It wasn't that Facebook adapted and MySpace didn't; it was more that Facebook
_started off_ in a totally different direction from MySpace, and it turned out
that the market preferred Facebook's way. To focus on just a single difference
that's probably the most obvious to casual users, Myspace allowed users a
great deal of flexibility in designing their own pages (poorly), Facebook
didn't and still doesn't, and basically presents a standardized page for each
user with their information on it. There's a significant 'philosophical
difference' there. Those differences extended beyond design to their user-
acquisition strategy, which created the network effects that allowed Facebook
to crush Myspace among college users.

Bluntly, the market decided it preferred a nicely manicured, access-controlled
walled garden to the free-for-all of Myspace.
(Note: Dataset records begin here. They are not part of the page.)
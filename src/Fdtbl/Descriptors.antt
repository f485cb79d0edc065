-- ===== src/Fdtbl/Descriptors.antt =====
-- The descriptor table of uspace/anp_fdtbl.c as a map from descriptors to sockets.
use native.Mathlib.Decide.{dec_lt}
use anp.Prelude.{
  Option-cases, length-set, get_elem?_outside, get_elem?_inside, ℕ, zero, suc, ◌+◌, ◌-◌, ◌<◌, ◌≤◌,
  ◌≡◌, ◌≢◌, refl, get_elem?-set_self, get_elem?-set_ne, ==_iff, Bool, true, false, Option, none,
  some, List, [], ◌∷◌, arith, length, get_elem?, set, replicate, if◌then◌else◌, ◌==◌, Bool-cases,
  inl, inr, ◌⊎◌, ap, ◌∙◌,
}
use mathlib.Core.Bool.{false≢true}
use anp.Prelude.Int.{pos}
use anp.Fdtbl.{
  FdTable, Found, maxfds, socket, assert_failed, first_free, fdtbl_init, slots_of, take_slot,
  anp_fdalloc, assert_slot, anp_fdfind, anp_fdfree,
}

-- 256 slots, all null before the first allocation.
pub record IsValid (t : FdTable) : Type 0 where
  pub size : length t.slots ≡ maxfds
  pub untouched : t.virgin ≡ true → t.slots ≡ fdtbl_init

first_free-some :
    (l : List (Option ℕ)) (i k j : ℕ)
    → first_free l i ≡ some k
    → (i ≤ k) × (get_elem? l (k - i) ≡ some none) × ((k - i ≤ j) ⊎ (get_elem? l j ≢ some none))
unfolding first_free
first_free-some [] i k j e = absurd cc
first_free-some (none ∷ l) i k j e =
    let s : i ≡ k = cc in
    let z : k - i ≡ 0 = omega arith in rw z (omega arith, refl, inl (omega arith))
first_free-some (some x ∷ l) i k zero e =
    let (p, q, r) = first_free-some l (i + 1) k 0 e in
    let z : k - i ≡ suc (k - (i + 1)) = omega arith in rw z (omega arith, q, inr (λ h. cc))
first_free-some (some x ∷ l) i k (suc j) e =
    let (p, q, r) = first_free-some l (i + 1) k j e in
    let z : k - i ≡ suc (k - (i + 1)) = omega arith in rw z (omega arith, q, ground arith)

first_free-none :
    (l : List (Option ℕ)) (i j : ℕ) → first_free l i ≡ none → get_elem? l j ≢ some none
unfolding first_free
first_free-none [] i j e h = cc
first_free-none (none ∷ l) i j e h = cc
first_free-none (some x ∷ l) i zero e h = cc
first_free-none (some x ∷ l) i (suc j) e h = first_free-none l (i + 1) j e h

slots_of-valid : (t : FdTable) → IsValid t → slots_of t ≡ t.slots
unfolding slots_of
slots_of-valid t v = elim (Bool-cases t.virgin) [
  | inl new ↦ rw (new, v.untouched new)
  | inr used ↦ rw used
]

get_elem?-set :
    (l : List (Option ℕ)) (i j : ℕ) (v : Option ℕ)
    → i < length l
    → get_elem? (set l i v) j ≡ (if j == i then some v else get_elem? l j)
get_elem?-set l i j v h = elim (Bool-cases (j == i)) [
  | inl same ↦ let e : j ≡ i = (==_iff j i).0 same in rw (same, e, get_elem?-set_self l i v h)
  | inr other ↦ rw (other, get_elem?-set_ne l {i = i} {j = j} v (ground arith))
]

set-size :
    (l : List (Option ℕ)) (i : ℕ) (v : Option ℕ) → length l ≡ maxfds → length (set l i v) ≡ maxfds
set-size l i v h = rw length-set h

inside : (l : List (Option ℕ)) (i : ℕ) (v : Option ℕ) → get_elem? l i ≡ some v → i < length l
inside l i v e = elim (dec_lt i (length l)) [
  | yes h ↦ h
  | no h ↦ let o = get_elem?_outside l i (omega arith) in absurd cc
]

taken : (o : Option (Option ℕ)) → o ≢ some none → o ≢ none → assert_slot o ≢ assert_failed
unfolding assert_slot
taken none h g e = g refl
taken (some none) h g e = h refl
taken (some (some s)) h g e = cc

slot_taken :
    (l : List (Option ℕ)) (j : ℕ)
    → j < length l
    → get_elem? l j ≢ some none
    → assert_slot (get_elem? l j) ≢ assert_failed
slot_taken l j h ne =
    taken (get_elem? l j) ne (λ e. let (x, ex) = get_elem?_inside l j h in absurd cc)

slot_if :
    (b : Bool) (x y : Option (Option ℕ))
    → assert_slot (if b then x else y) ≡ (if b then assert_slot x else assert_slot y)
slot_if true x y = refl
slot_if false x y = refl

slot_socket : (o : Option (Option ℕ)) (s : ℕ) → assert_slot o ≡ socket s → o ≡ some (some s)
unfolding assert_slot
slot_socket none s e = absurd cc
slot_socket (some none) s e = absurd cc
slot_socket (some (some r)) s e = cc

replicate_null : (n i s : ℕ) → get_elem? {A = Option ℕ} (replicate n none) i ≢ some (some s)
replicate_null zero i s e = cc
replicate_null (suc n) zero s e = cc
replicate_null (suc n) (suc i) s e = replicate_null n i s e

init_null : (i s : ℕ) → get_elem? fdtbl_init i ≢ some (some s)
unfolding fdtbl_init
init_null i s = replicate_null maxfds i s

-- What is found of a socket that was stored: a null pointer is no socket.
abbrev pub stored : Option ℕ → Found
stored none = assert_failed
stored (some sock) = socket sock

slot_stored : (sock : Option ℕ) → assert_slot (some sock) ≡ stored sock
unfolding assert_slot
slot_stored none = refl
slot_stored (some sock) = refl

-- Where `anp_fdalloc` on a valid table gives a descriptor, it is the least free one, and the socket
-- is stored there, or the slot stays free if the socket is null; every other descriptor is as
-- before, and the table stays valid.
pub anp_fdalloc-some :
    (t t' : FdTable) (sock : Option ℕ) (fd j : ℕ)
    → IsValid t
    → anp_fdalloc t sock ≡ (t', some fd)
    → IsValid t'
      × (fd < maxfds)
      × (anp_fdfind t (pos fd) ≡ assert_failed)
      × ((fd ≤ j) ⊎ (anp_fdfind t (pos j) ≢ assert_failed))
      × (anp_fdfind t' (pos j) ≡ (if j == fd then stored sock else anp_fdfind t (pos j)))
unfolding anp_fdalloc anp_fdfind take_slot
anp_fdalloc-some t t' sock fd j v e = elim (Option-cases (first_free t.slots 0)) [
  | inl full ↦ let e' = rw (slots_of-valid t v, full) at e in absurd cc
  | inr (k, ek) ↦
      let e' = rw (slots_of-valid t v, ek) at e in
      let st : record { virgin = false; slots = set t.slots k sock } ≡ t' = cc in
      let sk : k ≡ fd = cc in
      let (p, q, r) = first_free-some t.slots 0 k j ek in
      let z : k - 0 ≡ k = omega arith in
      let q' : get_elem? t.slots k ≡ some none = rw z at q in
      let h : k < length t.slots = inside t.slots k none q' in
      rw (← st, ← sk)
        (
          record { size = set-size t.slots k sock v.size; untouched = λ n. absurd (false≢true n) },
          rw v.size at h,
          rw q',
          elim r [
            | inl le ↦ inl (omega arith)
            | inr ne ↦ elim (dec_lt j k) [
              | yes lt ↦ inr (slot_taken t.slots j (omega arith) ne)
              | no ge ↦ inl (omega arith)
            ]
          ],
          rw (get_elem?-set t.slots k j sock h) (
              slot_if (j == k) (some sock) (get_elem? t.slots j)
              ∙ ap (λ f. if j == k then f else assert_slot (get_elem? t.slots j))
                  (slot_stored sock)),
        )
]

-- Where `anp_fdalloc` on a valid table gives -1, no descriptor below 256 is free, nothing changes that
-- `anp_fdfind` sees, and the table stays valid.
pub anp_fdalloc-full :
    (t t' : FdTable) (sock : Option ℕ) (j : ℕ)
    → IsValid t
    → anp_fdalloc t sock ≡ (t', none)
    → IsValid t'
      × ((maxfds ≤ j) ⊎ (anp_fdfind t (pos j) ≢ assert_failed))
      × (anp_fdfind t' (pos j) ≡ anp_fdfind t (pos j))
unfolding anp_fdalloc anp_fdfind take_slot
anp_fdalloc-full t t' sock j v e = elim (Option-cases (first_free t.slots 0)) [
  | inl full ↦
      let e' = rw (slots_of-valid t v, full) at e in
      let st : record { virgin = false; slots = t.slots } ≡ t' = cc in
      let ne = first_free-none t.slots 0 j full in
      rw (← st) (
        record { size = v.size; untouched = λ h. absurd (false≢true h) },
        elim (dec_lt j maxfds) [
          | yes h ↦ inr (slot_taken t.slots j (rw v.size h) ne)
          | no h ↦ inl (omega arith)
        ],
        refl,
      )
  | inr (k, ek) ↦ let e' = rw (slots_of-valid t v, ek) at e in absurd cc
]

-- On a valid table, `anp_fdfree` of a descriptor in use frees it, keeps every other one, and keeps the
-- table valid.
pub anp_fdfree_lem :
    (t : FdTable) (fd sock j : ℕ)
    → IsValid t
    → anp_fdfind t (pos fd) ≡ socket sock
    → (t' : FdTable) × (anp_fdfree t (pos fd) ≡ some t')
      × IsValid t'
      × (anp_fdfind t' (pos j) ≡ (if j == fd then assert_failed else anp_fdfind t (pos j)))
unfolding anp_fdfind anp_fdfree
anp_fdfree_lem t fd sock j v h =
    let o = slot_socket (get_elem? t.slots fd) sock h in
    let inb : fd < length t.slots = inside t.slots fd (some sock) o in
    (
      record t { slots = set t.slots fd none },
      rw o,
      record {
        size = set-size t.slots fd none v.size;
        untouched = λ n. absurd (init_null fd sock (rw (v.untouched n) at o));
      },
      rw (get_elem?-set t.slots fd j none inb)
          (slot_if (j == fd) (some none) (get_elem? t.slots j)),
    )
Interestingly, though, I think Facebook has now opened itself up to everyone
to the point where it risks getting "Myspaced" itself; if influential users
were to suddenly jump ship to something else, Facebook could become about as
cool as having a Myspace page or Hotmail email address, and an exodus could
follow.

Facebook built itself in large part on exclusivity but has attempted to move
away from it in order to grow. They're trying to walk a very delicate edge and
I suspect that they'll fall off eventually.

------
citricsquid
I wonder, does anyone believe that Myspace can recover with the right
decisions, or are they destined for a slow death whatever they do?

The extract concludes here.